Segment Open

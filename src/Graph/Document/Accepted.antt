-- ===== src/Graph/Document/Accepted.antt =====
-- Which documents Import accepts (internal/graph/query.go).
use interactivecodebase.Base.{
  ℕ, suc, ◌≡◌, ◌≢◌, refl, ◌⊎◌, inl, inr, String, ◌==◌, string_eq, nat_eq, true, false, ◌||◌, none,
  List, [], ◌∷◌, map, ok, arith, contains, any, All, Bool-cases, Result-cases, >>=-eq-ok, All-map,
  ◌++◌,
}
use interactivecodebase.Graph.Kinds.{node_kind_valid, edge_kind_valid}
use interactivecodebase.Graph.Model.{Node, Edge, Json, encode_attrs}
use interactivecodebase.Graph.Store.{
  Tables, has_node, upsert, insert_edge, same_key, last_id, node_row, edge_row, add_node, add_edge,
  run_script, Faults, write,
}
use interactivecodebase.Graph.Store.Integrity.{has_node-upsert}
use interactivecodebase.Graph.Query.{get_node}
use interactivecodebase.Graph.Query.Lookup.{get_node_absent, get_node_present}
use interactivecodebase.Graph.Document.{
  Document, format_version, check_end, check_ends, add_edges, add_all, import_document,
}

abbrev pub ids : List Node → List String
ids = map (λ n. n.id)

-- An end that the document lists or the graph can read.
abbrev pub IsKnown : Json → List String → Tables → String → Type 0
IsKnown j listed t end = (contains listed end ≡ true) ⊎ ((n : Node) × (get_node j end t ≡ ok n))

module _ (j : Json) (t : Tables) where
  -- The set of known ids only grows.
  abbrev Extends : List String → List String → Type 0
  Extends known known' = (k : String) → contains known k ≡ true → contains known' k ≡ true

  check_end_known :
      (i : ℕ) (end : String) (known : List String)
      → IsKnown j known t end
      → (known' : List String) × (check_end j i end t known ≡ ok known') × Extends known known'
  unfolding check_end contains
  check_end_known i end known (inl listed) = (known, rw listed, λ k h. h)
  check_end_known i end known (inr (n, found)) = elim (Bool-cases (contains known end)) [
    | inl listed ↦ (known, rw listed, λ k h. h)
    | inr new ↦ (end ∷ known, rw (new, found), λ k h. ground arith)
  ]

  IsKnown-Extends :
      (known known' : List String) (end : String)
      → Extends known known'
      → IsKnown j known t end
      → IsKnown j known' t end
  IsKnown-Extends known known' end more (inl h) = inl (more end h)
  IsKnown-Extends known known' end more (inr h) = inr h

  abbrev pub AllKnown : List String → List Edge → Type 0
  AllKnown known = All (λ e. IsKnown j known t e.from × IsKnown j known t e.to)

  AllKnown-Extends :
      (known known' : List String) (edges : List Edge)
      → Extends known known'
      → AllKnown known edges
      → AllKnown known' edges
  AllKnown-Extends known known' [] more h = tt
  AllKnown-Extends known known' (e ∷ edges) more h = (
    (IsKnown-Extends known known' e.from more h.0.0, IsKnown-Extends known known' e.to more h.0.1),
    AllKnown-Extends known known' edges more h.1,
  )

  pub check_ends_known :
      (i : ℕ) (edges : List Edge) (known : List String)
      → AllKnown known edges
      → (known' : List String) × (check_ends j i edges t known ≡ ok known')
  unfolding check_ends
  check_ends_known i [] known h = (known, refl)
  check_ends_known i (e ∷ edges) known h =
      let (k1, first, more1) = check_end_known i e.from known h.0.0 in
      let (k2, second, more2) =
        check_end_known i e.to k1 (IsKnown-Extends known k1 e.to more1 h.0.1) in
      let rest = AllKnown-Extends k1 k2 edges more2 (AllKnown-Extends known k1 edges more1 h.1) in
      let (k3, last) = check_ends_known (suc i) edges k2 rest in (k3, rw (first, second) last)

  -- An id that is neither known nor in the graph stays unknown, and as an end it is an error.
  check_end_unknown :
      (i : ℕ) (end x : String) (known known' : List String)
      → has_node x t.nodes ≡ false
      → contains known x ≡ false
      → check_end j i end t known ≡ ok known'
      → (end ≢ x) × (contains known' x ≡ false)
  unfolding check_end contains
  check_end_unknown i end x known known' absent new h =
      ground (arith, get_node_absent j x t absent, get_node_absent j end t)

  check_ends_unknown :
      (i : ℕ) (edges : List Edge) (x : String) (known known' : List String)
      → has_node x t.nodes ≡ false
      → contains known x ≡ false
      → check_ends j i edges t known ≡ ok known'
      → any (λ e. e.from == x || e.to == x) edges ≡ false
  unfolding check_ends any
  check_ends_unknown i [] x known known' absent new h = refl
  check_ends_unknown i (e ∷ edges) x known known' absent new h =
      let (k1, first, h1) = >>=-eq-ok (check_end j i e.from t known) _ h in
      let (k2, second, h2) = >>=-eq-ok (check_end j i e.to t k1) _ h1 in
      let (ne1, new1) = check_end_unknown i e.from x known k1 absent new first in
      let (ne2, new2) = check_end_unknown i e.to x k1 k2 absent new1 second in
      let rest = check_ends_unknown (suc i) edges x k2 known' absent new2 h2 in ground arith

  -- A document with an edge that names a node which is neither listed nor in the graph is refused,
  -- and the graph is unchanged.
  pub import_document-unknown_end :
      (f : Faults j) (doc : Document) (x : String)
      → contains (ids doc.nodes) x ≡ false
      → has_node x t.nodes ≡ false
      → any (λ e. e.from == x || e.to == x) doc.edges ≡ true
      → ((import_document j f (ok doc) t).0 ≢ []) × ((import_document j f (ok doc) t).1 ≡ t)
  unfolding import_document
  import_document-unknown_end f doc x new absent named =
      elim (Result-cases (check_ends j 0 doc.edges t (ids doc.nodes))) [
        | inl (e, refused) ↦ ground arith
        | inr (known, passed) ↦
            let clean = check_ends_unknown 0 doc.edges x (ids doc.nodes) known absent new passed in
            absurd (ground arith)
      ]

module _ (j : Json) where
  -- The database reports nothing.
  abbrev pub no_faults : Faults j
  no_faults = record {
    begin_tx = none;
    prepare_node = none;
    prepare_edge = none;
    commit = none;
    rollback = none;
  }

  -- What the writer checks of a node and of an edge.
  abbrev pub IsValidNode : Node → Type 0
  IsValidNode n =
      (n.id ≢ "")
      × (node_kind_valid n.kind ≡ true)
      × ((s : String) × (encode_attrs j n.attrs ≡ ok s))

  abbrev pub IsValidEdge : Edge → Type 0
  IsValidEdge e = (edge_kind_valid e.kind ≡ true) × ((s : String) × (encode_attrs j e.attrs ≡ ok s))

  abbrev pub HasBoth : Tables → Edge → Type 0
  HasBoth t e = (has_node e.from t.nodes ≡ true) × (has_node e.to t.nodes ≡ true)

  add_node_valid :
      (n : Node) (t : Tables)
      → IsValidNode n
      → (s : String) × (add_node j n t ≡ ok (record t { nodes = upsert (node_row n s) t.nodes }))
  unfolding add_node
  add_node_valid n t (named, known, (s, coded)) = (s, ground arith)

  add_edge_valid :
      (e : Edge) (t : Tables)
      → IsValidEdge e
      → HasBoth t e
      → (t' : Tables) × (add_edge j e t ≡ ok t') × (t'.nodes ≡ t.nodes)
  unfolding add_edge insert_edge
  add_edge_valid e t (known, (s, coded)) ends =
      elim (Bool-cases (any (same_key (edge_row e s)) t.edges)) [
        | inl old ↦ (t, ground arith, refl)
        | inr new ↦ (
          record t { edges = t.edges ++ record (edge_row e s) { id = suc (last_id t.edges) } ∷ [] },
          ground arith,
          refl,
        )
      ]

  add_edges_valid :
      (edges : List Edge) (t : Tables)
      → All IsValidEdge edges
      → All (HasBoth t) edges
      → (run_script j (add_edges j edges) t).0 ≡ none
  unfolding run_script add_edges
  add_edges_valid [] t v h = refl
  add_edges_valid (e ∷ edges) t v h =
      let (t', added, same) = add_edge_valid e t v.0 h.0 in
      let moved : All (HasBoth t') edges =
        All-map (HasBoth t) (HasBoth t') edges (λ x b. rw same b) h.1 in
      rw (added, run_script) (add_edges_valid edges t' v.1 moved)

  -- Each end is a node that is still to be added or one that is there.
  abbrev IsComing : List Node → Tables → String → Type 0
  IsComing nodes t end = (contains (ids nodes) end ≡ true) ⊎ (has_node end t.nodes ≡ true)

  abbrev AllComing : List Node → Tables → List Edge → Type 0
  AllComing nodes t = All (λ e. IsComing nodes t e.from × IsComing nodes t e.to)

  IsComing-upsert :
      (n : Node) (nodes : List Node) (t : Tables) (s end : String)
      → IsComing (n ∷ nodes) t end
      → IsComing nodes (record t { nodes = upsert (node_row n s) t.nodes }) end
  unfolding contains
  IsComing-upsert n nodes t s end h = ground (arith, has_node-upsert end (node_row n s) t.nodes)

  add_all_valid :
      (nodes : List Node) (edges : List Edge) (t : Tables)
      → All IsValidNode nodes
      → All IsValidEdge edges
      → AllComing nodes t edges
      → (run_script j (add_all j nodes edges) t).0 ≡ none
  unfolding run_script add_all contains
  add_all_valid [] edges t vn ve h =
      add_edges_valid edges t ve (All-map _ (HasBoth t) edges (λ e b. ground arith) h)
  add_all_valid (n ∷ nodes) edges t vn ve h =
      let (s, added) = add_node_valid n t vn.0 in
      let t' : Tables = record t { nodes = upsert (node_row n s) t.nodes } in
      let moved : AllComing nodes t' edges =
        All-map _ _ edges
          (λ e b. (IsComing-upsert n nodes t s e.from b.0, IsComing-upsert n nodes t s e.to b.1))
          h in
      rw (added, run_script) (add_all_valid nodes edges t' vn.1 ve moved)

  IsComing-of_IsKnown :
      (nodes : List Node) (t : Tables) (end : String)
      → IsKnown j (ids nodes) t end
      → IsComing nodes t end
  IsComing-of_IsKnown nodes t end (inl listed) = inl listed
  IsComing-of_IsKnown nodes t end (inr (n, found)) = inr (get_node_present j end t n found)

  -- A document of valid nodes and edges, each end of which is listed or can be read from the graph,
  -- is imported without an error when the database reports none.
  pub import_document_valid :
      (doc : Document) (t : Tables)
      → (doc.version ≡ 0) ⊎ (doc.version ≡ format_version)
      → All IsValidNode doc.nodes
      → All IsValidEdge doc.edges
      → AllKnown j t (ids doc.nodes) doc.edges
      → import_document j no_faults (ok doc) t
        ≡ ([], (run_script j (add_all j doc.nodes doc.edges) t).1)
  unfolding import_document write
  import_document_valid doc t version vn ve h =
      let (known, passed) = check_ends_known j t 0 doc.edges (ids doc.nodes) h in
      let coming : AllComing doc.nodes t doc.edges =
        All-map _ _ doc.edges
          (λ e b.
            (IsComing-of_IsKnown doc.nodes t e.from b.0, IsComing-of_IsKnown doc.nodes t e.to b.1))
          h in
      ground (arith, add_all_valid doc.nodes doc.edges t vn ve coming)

Segment Closed

Try it
Extract every line above containing the word "found".

Exercise response
  check_end_known i end known (inr (n, found)) = elim (Bool-cases (contains known end)) [
    | inr new ↦ (end ∷ known, rw (new, found), λ k h. ground arith)
  IsComing-of_IsKnown nodes t end (inr (n, found)) = inr (get_node_present j end t n found)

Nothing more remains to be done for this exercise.